*Records supplied*.
-- ===== src/Executions/Machine.antt =====
-- The histories of the table `executions`, as the statements of
-- crates/common/src/db/executions.rs make them, and what holds after each.
use invokr.Base.{
  ℕ, ◌≡◌, refl, String, Bool, true, false, ◌&&◌, none, List, [], ◌∷◌, arith, All, is_some, inl, inr,
  find?, Bool-cases,
}
use invokr.Base.Int.{ℤ}
use invokr.Base.Rows.{
  update_where, All-update, All-update_key, All-Memᴰ, Unique, Lacks, Apart, Apart-update, All-find?,
  Unique-update,
}
use invokr.Base.Result.{Result, ok, err}
use invokr.Store.Conn.{DbError}
use invokr.Json.{Json}
use invokr.Store.{Execution}
use invokr.Executions.{
  is_cancellable, claimed, claim_row, runs, succeed, fail, retry, cancel_row, has_id, of_job,
  insert_row, takes_id, takes_key,
}
use invokr.Executions.Claim.{claim_row-ClaimOutcome}
use invokr.Executions.Valid.{
  IsValid, claimed-IsValid, succeed-IsValid, fail-IsValid, retry-IsValid, cancel_row-IsValid,
  new-IsValid,
}

-- What a program may do to the table, one statement at a time.
pub data Statement : Type 0 where
  insert : Execution → Statement
  claim : ℕ → (String → Bool) → String → Statement
  complete_success : ℕ → String → Json → Statement
  complete_retry : ℕ → String → ℤ → Statement
  complete_failed : ℕ → String → Statement
  cancel : ℕ → String → Statement
  cancel_pending_for_job : ℕ → String → Statement

abbrev pub inserted : List Execution → Result DbError (List Execution) → List Execution
inserted t (ok u) = u
inserted t (err e) = t

-- The table after a statement; a refused insert leaves it as it was.
unfoldable pub apply : Statement → List Execution → List Execution
apply (insert e) t = inserted t (insert_row e t)
apply (claim now locked w) t = (claim_row now locked w t).1
apply (complete_success now id output) t = update_where (runs id) (succeed now output) t
apply (complete_retry now id ms) t = update_where (runs id) (retry now ms) t
apply (complete_failed now id) t = update_where (runs id) (fail now) t
apply (cancel now id) t =
    update_where (λ e. has_id id e && is_cancellable e.status) (cancel_row now) t
apply (cancel_pending_for_job now job_id) t =
    update_where (λ e. of_job job_id e && is_cancellable e.status) (cancel_row now) t

-- The rows that the program inserts: `new_row` as pending or queued.
abbrev pub IsNew : Statement → Type 0
IsNew (insert e) =
    (e.attempt_count ≡ 0) × (is_cancellable e.status ≡ true) × (e.completed_at ≡ none)
IsNew _ = Unit {0}

pub record IsValidTable (t : List Execution) : Type 0 where
  pub rows : All IsValid t
  pub unique : Unique (λ e. e.execution_id) t
  pub keyed : Apart takes_key t

Lacks-find? :
    (e : Execution) (t : List Execution)
    → is_some (find? (takes_id e) t) ≡ false
    → Lacks (λ x. x.execution_id) e.execution_id t
Lacks-find? e [] h = tt
Lacks-find? e (x ∷ t) h = elim (Bool-cases (takes_id e x)) [
  | inl hit ↦ absurd (let q : true ≡ false = rw hit at h in cc)
  | inr miss ↦ (miss, Lacks-find? e t (rw miss at h))
]

insert-IsValidTable :
    (e : Execution) (t : List Execution)
    → IsNew (insert e)
    → IsValidTable t
    → IsValidTable (inserted t (insert_row e t))
unfolding insert_row
insert-IsValidTable e t n v = elim (Bool-cases (is_some (find? (takes_id e) t))) [
  | inl hit ↦ rw hit v
  | inr miss ↦ rw miss (elim (Bool-cases (is_some (find? (takes_key e) t))) [
    | inl hit ↦ rw hit v
    | inr free ↦ rw free (record {
      rows = (new-IsValid e n, v.rows);
      unique = (Lacks-find? e t miss, v.unique);
      keyed = (All-find? (takes_key e) t free, v.keyed);
    })
  ])
]

claim-IsValidTable :
    (now : ℕ) (locked : String → Bool) (w : String) (t : List Execution)
    → IsValidTable t
    → IsValidTable (claim_row now locked w t).1
claim-IsValidTable now locked w t v = elim (claim_row-ClaimOutcome now locked w t) [
  | inl (_, same, _) ↦ rw same v
  | inr (e, (m, due, _), _, changed) ↦ rw changed (record {
    rows =
        All-update_key (λ x. x.execution_id) IsValid (claimed now w) m v.unique
          (claimed-IsValid now w e (ground arith) (All-Memᴰ IsValid m v.rows)) v.rows;
    unique = Unique-update (λ x. x.execution_id) _ (claimed now w) t (λ _. refl) v.unique;
    keyed = Apart-update takes_key _ (claimed now w) t (λ a b. refl) (λ a b. refl) v.keyed;
  })
]

-- An update that leaves the ids, the jobs and the keys as they are.
update-IsValidTable :
    (p : Execution → Bool) (f : Execution → Execution) (t : List Execution)
    → ((e : Execution) → p e ≡ true → IsValid e → IsValid (f e))
    → ((e : Execution) → (f e).execution_id ≡ e.execution_id)
    → ((e d : Execution) → takes_key (f e) d ≡ takes_key e d)
    → ((e d : Execution) → takes_key e (f d) ≡ takes_key e d)
    → IsValidTable t
    → IsValidTable (update_where p f t)
update-IsValidTable p f t valid same left right v = record {
  rows = All-update IsValid p f t (λ e h hit. valid e hit h) v.rows;
  unique = Unique-update (λ x. x.execution_id) p f t same v.unique;
  keyed = Apart-update takes_key p f t left right v.keyed;
}

-- Every statement that the program makes keeps the table valid.
pub apply-IsValidTable :
    (s : Statement) (t : List Execution) → IsNew s → IsValidTable t → IsValidTable (apply s t)
unfolding apply
apply-IsValidTable (insert e) t n v = insert-IsValidTable e t n v
apply-IsValidTable (claim now locked w) t n v = claim-IsValidTable now locked w t v
apply-IsValidTable (complete_success now id output) t n v =
    update-IsValidTable (runs id) (succeed now output) t
      (λ e hit h. succeed-IsValid now output e (ground arith) h) (λ _. refl) (λ _ _. refl)
      (λ _ _. refl) v
apply-IsValidTable (complete_retry now id ms) t n v =
    update-IsValidTable (runs id) (retry now ms) t
      (λ e hit h. retry-IsValid now ms e (ground arith) h) (λ _. refl) (λ _ _. refl) (λ _ _. refl) v
apply-IsValidTable (complete_failed now id) t n v =
    update-IsValidTable (runs id) (fail now) t (λ e hit h. fail-IsValid now e (ground arith) h)
      (λ _. refl) (λ _ _. refl) (λ _ _. refl) v
apply-IsValidTable (cancel now id) t n v =
    update-IsValidTable (λ e. has_id id e && is_cancellable e.status) (cancel_row now) t
      (λ e hit h. cancel_row-IsValid now e (ground arith) h) (λ _. refl) (λ _ _. refl) (λ _ _. refl)
      v
apply-IsValidTable (cancel_pending_for_job now job_id) t n v =
    update-IsValidTable (λ e. of_job job_id e && is_cancellable e.status) (cancel_row now) t
      (λ e hit h. cancel_row-IsValid now e (ground arith) h) (λ _. refl) (λ _ _. refl) (λ _ _. refl)
      v

-- A history: the statements of all workers, requests and ticks, in the order of their commits.
unfoldable pub run : List Statement → List Execution → List Execution
run [] t = t
run (s ∷ ss) t = run ss (apply s t)

pub run-IsValidTable :
    (ss : List Statement) (t : List Execution)
    → All IsNew ss
    → IsValidTable t
    → IsValidTable (run ss t)
unfolding run
run-IsValidTable [] t n v = v
run-IsValidTable (s ∷ ss) t n v = run-IsValidTable ss (apply s t) n.1 (apply-IsValidTable s t n.0 v)

-- After any history from the empty table every row is valid, the ids are distinct, and no two rows
-- of one job have the same idempotency key. A row is
-- valid if: it has had at most `max_attempts` attempts, or one if `max_attempts` is below one; it
-- has had none while PENDING or QUEUED; it is RETRYING only with an attempt left and with no
-- worker; while RUNNING it has a worker, a start and an attempt; and it has an end exactly in the
-- states SUCCESS, FAILED and CANCELLED.
pub run_valid : (ss : List Statement) → All IsNew ss → IsValidTable (run ss [])
run_valid ss n = run-IsValidTable ss [] n (record { rows = tt; unique = tt; keyed = tt })
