-- ===== src/Executions/Final.antt =====
-- That an execution which has ended stays as it is.
use mathlib.Core.List.{Memᴰ}
use invokr.Base.{
  ◌≡◌, true, false, ◌&&◌, List, [], ◌∷◌, arith, All, is_some, inl, inr, find?, Bool-cases, eq_iff,
  ap,
}
use invokr.Base.Rows.{Unique, Unique-eq, Memᴰ-update}
use invokr.Store.{Execution}
use invokr.Executions.{
  is_claimable, is_cancellable, claimed, runs, succeed, fail, retry, cancel_row, has_id, of_job,
  insert_row, takes_id, takes_key,
}
use invokr.Executions.Claim.{claim_row-ClaimOutcome}
use invokr.Executions.Valid.{is_ended}
use invokr.Executions.Machine.{
  Statement, insert, claim, complete_success, complete_retry, complete_failed, cancel,
  cancel_pending_for_job, IsNew, IsValidTable, apply, apply-IsValidTable, run, inserted,
}

-- An id that a row of another state has is not that of the row picked up.
other_id :
    (e d : Execution) (t : List Execution)
    → Unique (λ x. x.execution_id) t
    → Memᴰ e t
    → Memᴰ d t
    → is_claimable d.status ≡ true
    → is_ended e.status ≡ true
    → has_id d.execution_id e ≡ false
other_id e d t u m n c x = elim (Bool-cases (has_id d.execution_id e)) [
  | inr miss ↦ miss
  | inl hit ↦
      let same : e ≡ d =
        Unique-eq (λ r. r.execution_id) u m n ((eq_iff e.execution_id d.execution_id).0 hit) in
      ground (arith, ap (λ r. is_ended r.status) same)
]

insert-Memᴰ :
    (d e : Execution) (t : List Execution) → Memᴰ e t → Memᴰ e (inserted t (insert_row d t))
unfolding insert_row
insert-Memᴰ d e t m = elim (Bool-cases (is_some (find? (takes_id d) t))) [
  | inl hit ↦ rw hit m
  | inr miss ↦ rw miss (elim (Bool-cases (is_some (find? (takes_key d) t))) [
    | inl hit ↦ rw hit m
    | inr free ↦ rw free (Memᴰ.tail m)
  ])
]

-- A row that has ended is left as it is by every statement.
pub apply-ended :
    (s : Statement) {e : Execution} {t : List Execution}
    → Unique (λ x. x.execution_id) t
    → Memᴰ e t
    → is_ended e.status ≡ true
    → Memᴰ e (apply s t)
unfolding apply
apply-ended (insert d) {e} {t} u m x = insert-Memᴰ d e t m
apply-ended (claim now locked w) {e} {t} u m x = elim (claim_row-ClaimOutcome now locked w t) [
  | inl (_, same, _) ↦ rw same m
  | inr (d, (n, due, _), _, changed) ↦ rw changed (
      Memᴰ-update (has_id d.execution_id) (claimed now w) m (other_id e d t u m n (ground arith) x))
]
apply-ended (complete_success now id output) u m x =
    Memᴰ-update (runs id) (succeed now output) m (ground arith)
apply-ended (complete_retry now id ms) u m x = Memᴰ-update (runs id) (retry now ms) m (ground arith)
apply-ended (complete_failed now id) u m x = Memᴰ-update (runs id) (fail now) m (ground arith)
apply-ended (cancel now id) u m x =
    Memᴰ-update (λ e. has_id id e && is_cancellable e.status) (cancel_row now) m (ground arith)
apply-ended (cancel_pending_for_job now job_id) u m x =
    Memᴰ-update (λ e. of_job job_id e && is_cancellable e.status) (cancel_row now) m (ground arith)

-- An execution that has ended (SUCCESS, FAILED or CANCELLED) is final: after any further history
-- of a table with distinct ids its row is still there, unchanged in every column.
pub run-ended :
    (ss : List Statement) {e : Execution} {t : List Execution}
    → All IsNew ss
    → IsValidTable t
    → Memᴰ e t
    → is_ended e.status ≡ true
    → Memᴰ e (run ss t)
unfolding run
run-ended [] n v m x = m
run-ended (s ∷ ss) {e} {t} n v m x =
    run-ended ss n.1 (apply-IsValidTable s t n.0 v) (apply-ended s v.unique m x) x
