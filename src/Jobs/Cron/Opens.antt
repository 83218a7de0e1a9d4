-- ===== src/Jobs/Cron/Opens.antt =====
-- When a tick of pg_cron is to add an execution for a job, and which one: said without the command.
use Prim.Native.String.{◌++◌}
use invokr.Base.{
  ℕ, ◌+◌, ◌/◌, ◌^◌, ◌≤◌, ◌<◌, ◌≡◌, refl, ◌⊎◌, inl, inr, String, true, false, Option, none, some,
  List, [], ◌∷◌, ◌&&◌, eq_refl, Bool-cases, Option-cases, All, ap, sym, ◌∙◌, ltb, str_eq, eq_iff,
  arith,
}
use invokr.Base.Int.{ℤ, pos, negsuc}
use invokr.Base.Text.{show_nat}
use invokr.Json.{Json, int, null, bool, float, str, arr, obj}
use invokr.Json as Json
use invokr.Store.{Job, JobStatus, retired, Execution, active, queued}
use invokr.Endpoints.{as_i64}
use invokr.Executions.{takes_id, takes_key}
use invokr.Jobs.{is_active}
use invokr.Jobs.Cron.{attempts_of, has_started, is_unended, fires, policy_attempts, tick_row}

-- The start of a window has come, and its end has not.
abbrev pub HasBegun : ℕ → Option ℕ → Type 0
HasBegun now none = Unit {0}
HasBegun now (some start) = start ≤ now

abbrev pub HasLeft : ℕ → Option ℕ → Type 0
HasLeft now none = Unit {0}
HasLeft now (some end) = now < end

abbrev pub IsOpen : ℕ → String → Job → Type 0
IsOpen now job_id j =
    (j.job_id ≡ job_id)
    × (j.status ≡ active)
    × HasBegun now j.cron_starts_at
    × HasLeft now j.cron_ends_at

abbrev pub IsBigint : ℤ → Type 0
IsBigint (pos n) = n < 2 ^ 63
IsBigint (negsuc n) = n < 2 ^ 63

-- The number of attempts that a retry policy allows: 1 where it gives none.
abbrev pub Gives : Option Json → ℤ → Type 0
Gives none n = n ≡ pos 1
Gives (some null) n = n ≡ pos 1
Gives (some v) n = (v ≡ int n) × IsBigint n

abbrev pub Allows : Option Json → ℤ → Type 0
Allows none n = n ≡ pos 1
Allows (some policy) n = Gives (Json.get "max_attempts" policy) n

-- The row of a tick, with the millisecond in its key.
abbrev pub key_of : ℕ → Job → String
key_of now j = "cron_" ++ j.job_id ++ "_" ++ show_nat ((now + 500) / 1000)

abbrev pub due_row : ℕ → String → Job → ℤ → Execution
due_row now new_id j n = record {
  execution_id = new_id;
  job_id = j.job_id;
  endpoint = j.endpoint;
  endpoint_type = j.endpoint_type;
  idempotency_key = some (key_of now j);
  status = queued;
  input = j.input;
  output = none;
  attempt_count = 0;
  max_attempts = n;
  worker_id = none;
  run_at = now;
  started_at = none;
  completed_at = none;
  duration_ms = none;
  created_at = now;
}

abbrev pub Clashes : ℕ → String → Job → Execution → Type 0
Clashes now new_id j x =
    (x.execution_id ≡ new_id) ⊎ ((x.job_id ≡ j.job_id) × (x.idempotency_key ≡ some (key_of now j)))

started : (now : ℕ) (o : Option ℕ) → has_started now o ≡ true → HasBegun now o
started now none h = tt
started now (some t) h = ground (arith, h)

unstarted : (now : ℕ) (o : Option ℕ) → has_started now o ≡ false → ¬ HasBegun now o
unstarted now none h b = cc
unstarted now (some t) h b = ground (arith, h, b)

unended : (now : ℕ) (o : Option ℕ) → is_unended now o ≡ true → HasLeft now o
unended now none h = tt
unended now (some t) h = ground (arith, h)

ended : (now : ℕ) (o : Option ℕ) → is_unended now o ≡ false → ¬ HasLeft now o
ended now none h b = cc
ended now (some t) h b = ground (arith, h, b)

live : (s : JobStatus) → is_active s ≡ true → s ≡ active
live active h = refl
live retired h = absurd cc

pub fires-IsOpen :
    (now : ℕ) (job_id : String) (j : Job) → fires now job_id j ≡ true → IsOpen now job_id j
fires-IsOpen now job_id j h = (
  (eq_iff j.job_id job_id).0 (ground (arith, h)),
  live j.status (ground (arith, h)),
  started now j.cron_starts_at (ground (arith, h)),
  unended now j.cron_ends_at (ground (arith, h)),
)

pub fires-closed :
    (now : ℕ) (job_id : String) (j : Job) → fires now job_id j ≡ false → ¬ IsOpen now job_id j
fires-closed now job_id j h (id, status, begun, left) =
    elim (Bool-cases (has_started now j.cron_starts_at)) [
      | inr early ↦ unstarted now j.cron_starts_at early begun
      | inl begins ↦ elim (Bool-cases (is_unended now j.cron_ends_at)) [
        | inr late ↦ ended now j.cron_ends_at late left
        | inl runs ↦
            let h2 : true ≡ false = rw ((eq_iff j.job_id job_id).1 id, status, begins, runs) at h in
            cc
      ]
    ]

number : (v : Json) (n : ℤ) → as_i64 v ≡ some n → (v ≡ int n) × IsBigint n
number (int (pos m)) n h = elim (Bool-cases (ltb m (2 ^ 63))) [
  | inl fits ↦
      let h2 : some (pos m) ≡ some n = rw fits at h in
      let e : pos m ≡ n = cc in (ap int e, rw (← e) (ground (arith, fits)))
  | inr wide ↦ let h2 : none ≡ some n = rw wide at h in absurd cc
]
number (int (negsuc m)) n h = elim (Bool-cases (ltb m (2 ^ 63))) [
  | inl fits ↦
      let h2 : some (negsuc m) ≡ some n = rw fits at h in
      let e : negsuc m ≡ n = cc in (ap int e, rw (← e) (ground (arith, fits)))
  | inr wide ↦ let h2 : none ≡ some n = rw wide at h in absurd cc
]
number null n h = absurd cc
number (bool b) n h = absurd cc
number (float t) n h = absurd cc
number (str t) n h = absurd cc
number (arr xs) n h = absurd cc
number (obj fs) n h = absurd cc

readable : (n : ℤ) → IsBigint n → as_i64 (int n) ≡ some n
readable (pos m) small = ground (arith, small)
readable (negsuc m) small = ground (arith, small)

no_number : (v : Json) (n : ℤ) → as_i64 v ≡ none → v ≡ int n → ¬ IsBigint n
no_number v n h same small =
    let h2 : none ≡ some n = sym h ∙ ap as_i64 same ∙ readable n small in cc

given : (o : Option Json) (n : ℤ) → attempts_of o ≡ some n → Gives o n
given none n h = let e : n ≡ pos 1 = cc in e
given (some null) n h = let e : n ≡ pos 1 = cc in e
given (some (int z)) n h = number (int z) n h
given (some (bool b)) n h = absurd cc
given (some (float t)) n h = absurd cc
given (some (str t)) n h = absurd cc
given (some (arr xs)) n h = absurd cc
given (some (obj fs)) n h = absurd cc

not_given : (o : Option Json) (n : ℤ) → attempts_of o ≡ none → ¬ Gives o n
not_given none n h g = cc
not_given (some null) n h g = cc
not_given (some (int z)) n h g = no_number (int z) n h g.0 g.1
not_given (some (bool b)) n h g = let e = g.0 in cc
not_given (some (float t)) n h g = let e = g.0 in cc
not_given (some (str t)) n h g = let e = g.0 in cc
not_given (some (arr xs)) n h g = let e = g.0 in cc
not_given (some (obj fs)) n h g = let e = g.0 in cc

pub allows : (o : Option Json) (n : ℤ) → policy_attempts o ≡ some n → Allows o n
allows none n h = let e : n ≡ pos 1 = cc in e
allows (some policy) n h = given (Json.get "max_attempts" policy) n h

pub forbids : (o : Option Json) → policy_attempts o ≡ none → ¬ ((n : ℤ) × Allows o n)
forbids none h (n, a) = cc
forbids (some policy) h (n, a) = not_given (Json.get "max_attempts" policy) n h a

pub clashes :
    (now : ℕ) (new_id : String) (j : Job) (n : ℤ) (x : Execution)
    → takes_key (tick_row now new_id j n) x ≡ true
    → Clashes now new_id j x
clashes now new_id j n x h = elim (Option-cases x.idempotency_key) [
  | inl keyless ↦ elim (Bool-cases (str_eq x.job_id j.job_id)) [
    | inl same ↦ absurd (let h2 : false ≡ true = rw (keyless, same) at h in cc)
    | inr apart ↦ absurd (let h2 : false ≡ true = rw (keyless, apart) at h in cc)
  ]
  | inr (k, keyed) ↦
      let h2 : (str_eq x.job_id j.job_id && str_eq k (key_of now j)) ≡ true = rw keyed at h in
      inr (
        (eq_iff x.job_id j.job_id).0 (ground (arith, h2)),
        keyed ∙ ap some ((eq_iff k (key_of now j)).0 (ground (arith, h2))),
      )
]

free :
    (now : ℕ) (new_id : String) (j : Job) (n : ℤ) (x : Execution)
    → takes_id (tick_row now new_id j n) x ≡ false
    → takes_key (tick_row now new_id j n) x ≡ false
    → ¬ Clashes now new_id j x
free now new_id j n x id key (inl same) =
    let h : true ≡ false = rw ((eq_iff x.execution_id new_id).1 same) at id in cc
free now new_id j n x id key (inr (same, keyed)) =
    let h : true ≡ false =
      rw (keyed, (eq_iff x.job_id j.job_id).1 same, eq_refl (key_of now j)) at key in
    cc

pub all_free :
    (now : ℕ) (new_id : String) (j : Job) (n : ℤ) (t : List Execution)
    → All (λ x. takes_id (tick_row now new_id j n) x ≡ false) t
    → All (λ x. takes_key (tick_row now new_id j n) x ≡ false) t
    → All (λ x. ¬ Clashes now new_id j x) t
all_free now new_id j n [] ids keys = tt
all_free now new_id j n (x ∷ t) (id, ids) (key, keys) =
    (free now new_id j n x id key, all_free now new_id j n t ids keys)
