-- ===== src/Jobs/Cron/Window.antt =====
-- What a tick of pg_cron adds to a workspace, and when it adds nothing.
use mathlib.Core.List.{Memᴰ}
use invokr.Base.{
  ℕ, ◌≡◌, refl, ◌⊎◌, inl, inr, String, true, false, ◌∷◌, find?, is_some, Option-cases, All,
  All-weaken, ap, eq_iff,
}
use invokr.Base.Int.{ℤ}
use invokr.Base.Rows.{Memᴰ-find?, All-find?}
use invokr.Store.{Store, Job, Endpoint, Execution}
use invokr.Endpoints.{named}
use invokr.Executions.{insert_row, takes_id, takes_key}
use invokr.Jobs.Cron.{fires, policy_attempts, tick_row, tick, fire, settled}
use invokr.Jobs.Cron.Opens.{
  IsOpen, Allows, Clashes, due_row, fires-IsOpen, fires-closed, allows, forbids, clashes, all_free,
}

-- The row of an open job is added, with the attempts of its endpoint.
abbrev pub Adds : ℕ → String → String → Store → Store → Type 0
Adds now new_id job_id s r =
    (j : Job) × (e : Endpoint) × (n : ℤ) × Memᴰ j s.jobs
    × IsOpen now job_id j
    × Memᴰ e s.endpoints
    × (e.name ≡ j.endpoint)
    × Allows e.retry_policy n
    × All (λ x. ¬ Clashes now new_id j x) s.executions
    × (r ≡ record s { executions = due_row now new_id j n ∷ s.executions })

-- Why nothing is added: no job is open, or an open one has no endpoint, or a policy that gives no
-- number, or a row with the id or the key.
abbrev pub Skips : ℕ → String → String → Store → Type 0
Skips now new_id job_id s =
    All (λ j. ¬ IsOpen now job_id j) s.jobs
    ⊎ ((j : Job) × Memᴰ j s.jobs
        × IsOpen now job_id j
        × (All (λ (e : Endpoint). ¬ (e.name ≡ j.endpoint)) s.endpoints
            ⊎ ((e : Endpoint) × Memᴰ e s.endpoints
                × (e.name ≡ j.endpoint)
                × (¬ ((n : ℤ) × Allows e.retry_policy n)))
            ⊎ ((x : Execution) × Memᴰ x s.executions × Clashes now new_id j x)))

abbrev pub TickOutcome : ℕ → String → String → Store → Store → Type 0
TickOutcome now new_id job_id s r =
    ((r ≡ s) × Skips now new_id job_id s) ⊎ Adds now new_id job_id s r

-- Whether the row finds its place.
insert_row-cases :
    (now : ℕ) (new_id : String) (j : Job) (n : ℤ) (s : Store)
    → ((settled s (insert_row (tick_row now new_id j n) s.executions) ≡ s)
        × ((x : Execution) × Memᴰ x s.executions × Clashes now new_id j x))
      ⊎ (All (λ x. ¬ Clashes now new_id j x) s.executions
          × (settled s (insert_row (tick_row now new_id j n) s.executions)
              ≡ record s { executions = due_row now new_id j n ∷ s.executions }))
unfolding insert_row
insert_row-cases now new_id j n s =
    let e = tick_row now new_id j n in
    elim (Option-cases (find? (takes_id e) s.executions)) [
      | inr (x, hit) ↦
          let (m, same) = Memᴰ-find? (takes_id e) s.executions x hit in
          rw hit (inl (refl, (x, m, inl ((eq_iff x.execution_id new_id).0 same))))
      | inl miss ↦ elim (Option-cases (find? (takes_key e) s.executions)) [
        | inr (x, hit) ↦
            let (m, same) = Memᴰ-find? (takes_key e) s.executions x hit in
            rw (miss, hit) (inl (refl, (x, m, clashes now new_id j n x same)))
        | inl none_there ↦
            rw (miss, none_there)
              (inr (
                all_free now new_id j n s.executions
                    (All-find? (takes_id e) s.executions (ap is_some miss))
                    (All-find? (takes_key e) s.executions (ap is_some none_there)),
                refl,
              ))
      ]
    ]

pub tick-TickOutcome :
    (now : ℕ) (new_id job_id : String) (s : Store)
    → TickOutcome now new_id job_id s (tick now new_id job_id s)
unfolding tick
tick-TickOutcome now new_id job_id s = elim (Option-cases (find? (fires now job_id) s.jobs)) [
  | inl nothing ↦ rw nothing (
      inl (
        refl,
        inl (
            All-weaken _ _ s.jobs (fires-closed now job_id)
              (All-find? (fires now job_id) s.jobs (ap is_some nothing))),
      ))
  | inr (j, found) ↦
      let (m, hit) = Memᴰ-find? (fires now job_id) s.jobs j found in
      let due = fires-IsOpen now job_id j hit in
      elim (Option-cases (find? (named j.endpoint) s.endpoints)) [
        | inl nothing ↦
            rw (found, nothing, fire)
              (inl (
                refl,
                inr (
                  j,
                  m,
                  due,
                  inl (
                      All-weaken _ _ s.endpoints (unnamed j)
                        (All-find? (named j.endpoint) s.endpoints (ap is_some nothing))),
                ),
              ))
        | inr (e, there) ↦
            let (l, is) = Memᴰ-find? (named j.endpoint) s.endpoints e there in
            let name = (eq_iff e.name j.endpoint).0 is in
            elim (Option-cases (policy_attempts e.retry_policy)) [
              | inl nothing ↦
                  rw (found, there, nothing, fire)
                    (inl (
                      refl,
                      inr (j, m, due, inr (inl (e, l, name, forbids e.retry_policy nothing))),
                    ))
              | inr (n, policy) ↦ elim (insert_row-cases now new_id j n s) [
                | inl (same, clash) ↦
                    rw (found, there, policy, fire) (inl (same, inr (j, m, due, inr (inr clash))))
                | inr (place, added) ↦
                    rw (found, there, policy, fire)
                      (inr (j, e, n, m, due, l, name, allows e.retry_policy n policy, place, added))
              ]
            ]
      ]
]
  where
    unnamed : (j : Job) (e : Endpoint) → named j.endpoint e ≡ false → ¬ (e.name ≡ j.endpoint)
    unnamed j e h same = let h2 : true ≡ false = rw ((eq_iff e.name j.endpoint).1 same) at h in cc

*Task statement*. Find the word "history" in the records and pull out each line that has it.

*Task solution*.
-- A history: the statements of all workers, requests and ticks, in the order of their commits.
-- After any history from the empty table every row is valid, the ids are distinct, and no two rows
-- An execution that has ended (SUCCESS, FAILED or CANCELLED) is final: after any further history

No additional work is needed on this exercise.